GOAL OF THE EXERCISE – Work through the lines of the material below, note those with the word "Statements", and give their number, nothing else.

EXERCISE DATA –
---------------
-- ===== src/Resolver/Aggregates.antt =====
-- The query of `resolveAggregateFields` of internal/resolver/resolver.go.
use graphpost.Prelude.{
  String, List, [], ◌∷◌, ◌++◌, Bool, Option, none, some, ◌≡◌, refl, ◌||◌, keep, map,
}
use graphpost.Prelude.Text.{to_lower, contains}
use graphpost.Resolver.Sql.{
  text, ident, Clause, Statement, join, placeholders, all_placeholders, placeholders-append,
  placeholders-join, all_placeholders-append, IsNumberedClause,
}
use graphpost.Resolver.Columns.{Encoders}
use graphpost.Resolver.Where.{build_where_clause, build_where_clause-IsNumberedClause}
use graphpost.Resolver.Statements.{QueryParams, table_ref, where_text}
use graphpost.Resolver.Statements.Numbering.{placeholders-where_text}

-- A column, and its SQL type.
pub record Column : Type 0 where
  pub name : String
  pub sql_type : String

abbrev pub numeric_types : List String
numeric_types =
    "int2" ∷ "int4" ∷ "int8" ∷ "smallint" ∷ "integer" ∷ "bigint" ∷ "smallserial" ∷ "serial"
    ∷ "bigserial" ∷ "float4" ∷ "float8" ∷ "real" ∷ "double precision" ∷ "numeric" ∷ "decimal"
    ∷ "money" ∷ []

abbrev pub ordered_types : List String
ordered_types =
    "date" ∷ "time" ∷ "timetz" ∷ "timestamp" ∷ "timestamptz" ∷ "varchar" ∷ "char" ∷ "text" ∷ "uuid"
    ∷ []

unfoldable pub is_numeric_type : String → Bool
is_numeric_type sql_type = contains numeric_types (to_lower sql_type)

unfoldable pub is_comparable_type : String → Bool
is_comparable_type sql_type = is_numeric_type sql_type || contains ordered_types (to_lower sql_type)

abbrev pub numeric_columns : List Column → List String
numeric_columns cols = map (λ c. c.name) (keep (λ c. is_numeric_type c.sql_type) cols)

abbrev pub comparable_columns : List Column → List String
comparable_columns cols = map (λ c. c.name) (keep (λ c. is_comparable_type c.sql_type) cols)

-- `FN("column") as fn_column`, with the alias as it comes
abbrev pub aggregate_call : String → String → String → Clause
aggregate_call fn alias column = text fn ∷ ident column ∷ text alias ∷ text column ∷ []

unfoldable pub extremes : List String → List Clause
extremes [] = []
extremes (c ∷ cs) =
    aggregate_call "MIN(" ") as min_" c ∷ aggregate_call "MAX(" ") as max_" c ∷ extremes cs

unfoldable pub moments : List String → List Clause
moments [] = []
moments (c ∷ cs) =
    aggregate_call "SUM(" ") as sum_" c
    ∷ aggregate_call "AVG(" ") as avg_" c
    ∷ aggregate_call "STDDEV(" ") as stddev_" c
    ∷ aggregate_call "VARIANCE(" ") as variance_" c
    ∷ moments cs

-- The statement for columns that can be compared, none if there are none, and for numeric ones.
unfoldable pub aggregate_of :
    Encoders → String → List String → List String → QueryParams → Option Statement
aggregate_of enc schema [] numeric params = none
aggregate_of enc schema (c ∷ cs) numeric params =
    let (clause, args) = build_where_clause enc params.filter 1 in
    some (
      text "SELECT "
          ∷ (join ", " (extremes (c ∷ cs) ++ moments numeric)
              ++ (text " FROM " ∷ (table_ref schema params.table_name ++ where_text clause))),
      args,
    )

unfoldable pub aggregate_statement :
    Encoders → String → List Column → QueryParams → Option Statement
aggregate_statement enc schema columns params =
    aggregate_of enc schema (comparable_columns columns) (numeric_columns columns) params

all_placeholders-extremes : (cs : List String) → all_placeholders (extremes cs) ≡ []
unfolding extremes all_placeholders placeholders
all_placeholders-extremes [] = refl
all_placeholders-extremes (c ∷ cs) = all_placeholders-extremes cs

all_placeholders-moments : (cs : List String) → all_placeholders (moments cs) ≡ []
unfolding moments all_placeholders placeholders
all_placeholders-moments [] = refl
all_placeholders-moments (c ∷ cs) = all_placeholders-moments cs

-- An optional statement whose placeholders are in order, if there is one.
abbrev pub IsNumberedOption : Option Statement → Type 0
IsNumberedOption none = Unit
IsNumberedOption (some s) = IsNumberedClause 1 s

aggregate_of-IsNumberedOption :
    (enc : Encoders) (schema : String) (compared numeric : List String) (params : QueryParams)
    → IsNumberedOption (aggregate_of enc schema compared numeric params)
unfolding aggregate_of IsNumberedClause placeholders
aggregate_of-IsNumberedOption enc schema [] numeric params = tt
aggregate_of-IsNumberedOption enc schema (c ∷ cs) numeric params =
    simp
      (
        placeholders-append, placeholders-join, all_placeholders-append, all_placeholders-extremes,
        all_placeholders-moments, placeholders-where_text,
      )
      (build_where_clause-IsNumberedClause enc params.filter 1)

-- The query for aggregates, if there is one, holds the placeholders 1, 2, … in this order, as many
-- as it has arguments.
pub aggregate_statement-IsNumberedOption :
    (enc : Encoders) (schema : String) (columns : List Column) (params : QueryParams)
    → IsNumberedOption (aggregate_statement enc schema columns params)
unfolding aggregate_statement
aggregate_statement-IsNumberedOption enc schema columns params =
    aggregate_of-IsNumberedOption enc schema (comparable_columns columns) (numeric_columns columns)
      params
---------------
ANSWER SPACE – 2